— Когда? — вопрос Шагена оборвал мои размышления и стал аккордной нотой в его стуке.
— Что когда?
— Когда мы с вами встретимся в эту пятницу, и все обсудим. — Здесь он подчеркнул обстоятельство времени.
— В эту пятницу? — ну, и торопыги тут некоторые.
— Как я понял, дай вам волю и муза во плоти растянет процесс на два месяца.
— Муза не виновата ее вынуждают обстоятельства.
— Хорошо. Соберемся в эту пятницу вечером вместо летучки.
— А… — от такого напора мой словарный запас попросту иссяк. — Но…
— Там же обсудим сложившиеся обстоятельства и половину отсечем. Муза должна летать необременительно.
— Я учту.
— До встречи. — Деловито завершил он.
— До встречи.
Получив заряд мотивации, я безвылазно просидела в кабинете, ломая голову над его проектом. Голову сломать не удалось, а вот пара идей все же появилась. Записав их, я сбросила клич монстрам креатива и сообщила о предстоящей встрече. С учетом того как потом весь вечер горели мои уши, матом крыли добросовестно и с душой.
* * *
Рабочий день подходил к концу, а она все еще не придумала, что и как расскажет Ванечке.
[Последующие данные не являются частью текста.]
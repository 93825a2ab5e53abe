-- ===== src/Task/Slices/Tests.antt =====
-- Two slices of a task on a core whose registers are a function.
use schedmon.Prelude.{
  ℕ, zero, suc, ◌+◌, ◌%◌, ◌^◌, ◌<◌, ◌≡◌, List, Returns, refl, arith, some, none, [], ◌∷◌,
  if◌then◌else◌, ◌==◌, pos, negsuc, false,
}
use schedmon.EvSet.{EvSet, EvSets, smon_get_evset}
use schedmon.Envir.{Envir}
use schedmon.Pmc.{
  Cpu, ia32_perf_global_ctrl, smon_pmc_read, smon_pmc_start, smon_pmc_stop, read_ctrs, msr_read,
  msr_write, fx_used, gp_used,
}
use schedmon.Pmc.Keep.{Keeps, AllBelow}
use schedmon.Rapl.{sub64}
use schedmon.Task.{Task, no_pmc, no_sched}
use schedmon.Task.Sampling.{start_evset, stop_evset}
use schedmon.Task.Slices.{HasEvset, slices, slices-duration}
use schedmon.Task.Slices.Turns.{samples_taken, samples_taken-turn}
use schedmon.Sched.Safe.{IsNamed}
use schedmon.Sched.Example.{rb}
use schedmon.Task.Slices.Carry.{start_evset-stop_evset}

abbrev Registers : Type 0
Registers = ℕ → ℕ × ℕ

abbrev core : Cpu Registers
core = record { rdmsr = λ s n. s n; wrmsr = λ s n lo hi m. if m == n then (lo, hi) else s m }

-- The global control is 0.
abbrev IsStopped : Registers → Type 0
IsStopped s = s ia32_perf_global_ctrl ≡ (0, 0)

core-Keeps : Keeps core IsStopped
core-Keeps = record {
  own = λ s n lo hi stop c p q. ground arith;
  other = λ s m n lo hi stop c w d. ground arith;
  stays = λ s n lo hi stop w. ground (arith, stop);
  stops = λ s. refl;
}

-- A core that is stopped, with 6 in each counter.
abbrev other_core : Registers
other_core n = if n == ia32_perf_global_ctrl then (0, 0) else (6, 6)

abbrev evset : EvSet
evset = record {
  tag = [];
  evids = pos 0 ∷ negsuc 0 ∷ pos 3 ∷ negsuc 0 ∷ [];
  fixed_ctrl = 770;
  global_ctrl = 21474836485;
}

abbrev envir : Envir
envir = record {
  esids = pos 1 ∷ [];
  n_esids = 1;
  sample_time = 10;
  batch_size = 8;
  options = 0;
  count = 1;
}

abbrev task : Task
task = record {
  p = some 7;
  pid = 7;
  envir = some 0;
  evset = 0;
  n_children = 0;
  sample_pmc = record no_pmc { duration = 100 };
  tsc_tmp = 0;
  timer = none;
  kt_remain = pos 0;
  start_pending = false;
  stop_pending = false;
  timer_on = false;
  sample_sched = no_sched;
  extra = none;
  rb = some 0;
}

abbrev two_evsets : EvSets
two_evsets = evset ∷ evset ∷ []

second_found : smon_get_evset two_evsets 1 ≡ some evset
unfolding smon_get_evset
second_found = refl

task-HasEvset : HasEvset two_evsets envir task evset
task-HasEvset = record {
  esid = pos 1;
  turn = omega arith;
  bound = omega arith;
  named = refl;
  found = second_found;
}

-- The clock wraps in the second slice.
slices-duration_example :
    (task' : Task) × (slices core [] two_evsets envir
        (((λ n. (0, 0)), 1000, 1500) ∷ ((λ n. (1, 0)), 18446744073709551610, 4) ∷ [])
        task
      ≡ some task')
    × (task'.sample_pmc.duration % 2 ^ 64 ≡ (100 + 510) % 2 ^ 64)
    × HasEvset two_evsets envir task' evset
unfolding sub64
slices-duration_example =
    slices-duration core [] two_evsets envir
      (((λ n. (0, 0)), 1000, 1500) ∷ ((λ n. (1, 0)), 18446744073709551610, 4) ∷ []) task
      task-HasEvset

below_fx : AllBelow (smon_pmc_read core evset (smon_pmc_stop core (λ n. (5, 0)))).fx
unfolding smon_pmc_read smon_pmc_stop read_ctrs msr_read msr_write fx_used
below_fx = (ground arith, (ground arith, (ground arith, tt)))

below_gp : AllBelow (smon_pmc_read core evset (smon_pmc_stop core (λ n. (5, 0)))).gp
unfolding smon_pmc_read smon_pmc_stop read_ctrs msr_read msr_write gp_used
below_gp = (ground arith, (ground arith, (ground arith, (ground arith, tt))))

start_evset-stop_evset_example :
    IsStopped (stop_evset core evset 70 task (λ n. (5, 0))).1
    × ((ready : Registers) × IsStopped ready
        × ((start_evset core [] evset 90
              (stop_evset core evset 70 task (λ n. (5, 0))).0
              other_core).1
            ≡ smon_pmc_start core evset ready)
        × (smon_pmc_read core evset ready
            ≡ smon_pmc_read core evset (smon_pmc_stop core (λ n. (5, 0)))))
start_evset-stop_evset_example =
    start_evset-stop_evset core IsStopped core-Keeps [] evset 90 70 task (λ n. (5, 0)) other_core
      refl refl below_fx below_gp

-- Three samples, the second of two slices, with two event-sets in turn.
abbrev two_turns : Envir
two_turns = record envir { esids = pos 1 ∷ pos 0 ∷ []; n_esids = 2 }

first_found : smon_get_evset two_evsets 0 ≡ some evset
unfolding smon_get_evset
first_found = refl

evset_named : (i : ℕ) → i < 2 → IsNamed two_evsets (pos 1 ∷ pos 0 ∷ []) i
evset_named zero h = record { esid = pos 1; evset = evset; named = refl; found = second_found }
evset_named (suc zero) h = record { esid = pos 0; evset = evset; named = refl; found = first_found }
evset_named (suc (suc i)) h = absurd (omega (arith, h))

abbrev runs : List (List (Registers × ℕ × ℕ))
runs =
    (((λ n. (0, 0)), 1000, 1500) ∷ [])
    ∷ (((λ n. (1, 0)), 2000, 2500) ∷ ((λ n. (2, 0)), 3000, 3500) ∷ [])
    ∷ []
    ∷ []

samples_taken-turn_example :
    Returns
      (λ saved. (saved.0).evset ≡ (0 + 3) % 2)
      (samples_taken core [] two_evsets two_turns runs task (some rb ∷ []))
samples_taken-turn_example =
    samples_taken-turn core [] two_evsets two_turns runs task (some rb ∷ []) 0
      (record { bound = omega arith; named = evset_named }) (omega arith) refl
      (record { object = rb; at = refl })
Терять его. Нет, она не хочет его терять. Выросшая в Черкасской области под крылом мамы без отца, братьев и далеких дядь, она впервые за долгие годы обрела крепкое и надежное плечо. Мало зная о нем лично, лишь короткие сведения из представленного досье, прониклась доверием, затрагивающим исковерканную душу. Еще не смея назвать «Своим» в мыслях уже звала уменьшительно ласкательным вариантом имени — Ванечка. Еще не смея рассказать о себе, была признательна за его настойчивость и умение держать слово. И сегодня надеясь, что он услышит и поймет ее мотивы, не отступится от ранее произнесенного: «Я с тобой… Я всегда буду рядом».
Все о чем она попросит — это временно прекратить встречи и сыграть по правилам Акчурина. До тех пор пока она не будет готова нанести ответный удар, благодетель должен оставаться в неведении.
— Агата, — незаметно вошедший Алексей позвал ее, а затем приблизился вплотную. — Ты помнишь, что я тебе сказал?
Глупое выдуманное имя, придающее экзотику ее образу, раздражает с той же силой что и руки, нагло разместившиеся на ее бедрах. Эту кличку для покорной домашней суки он придумал сам, как только на лице прошли шрамы от второй волны пластических правок. Как впрочем, и первое «Эвелина», полученное двумя годами раньше.
— Помню. — Ответила она.
— Сделай это сегодня. — Его руки поднялись к груди и до боли сжали полушария. — Приласкай хорошенько для начала, а потом брось. Поняла?
— Да…
— Не слышу, — усмехнулся он, оставляя жесткий поцелуй на шее.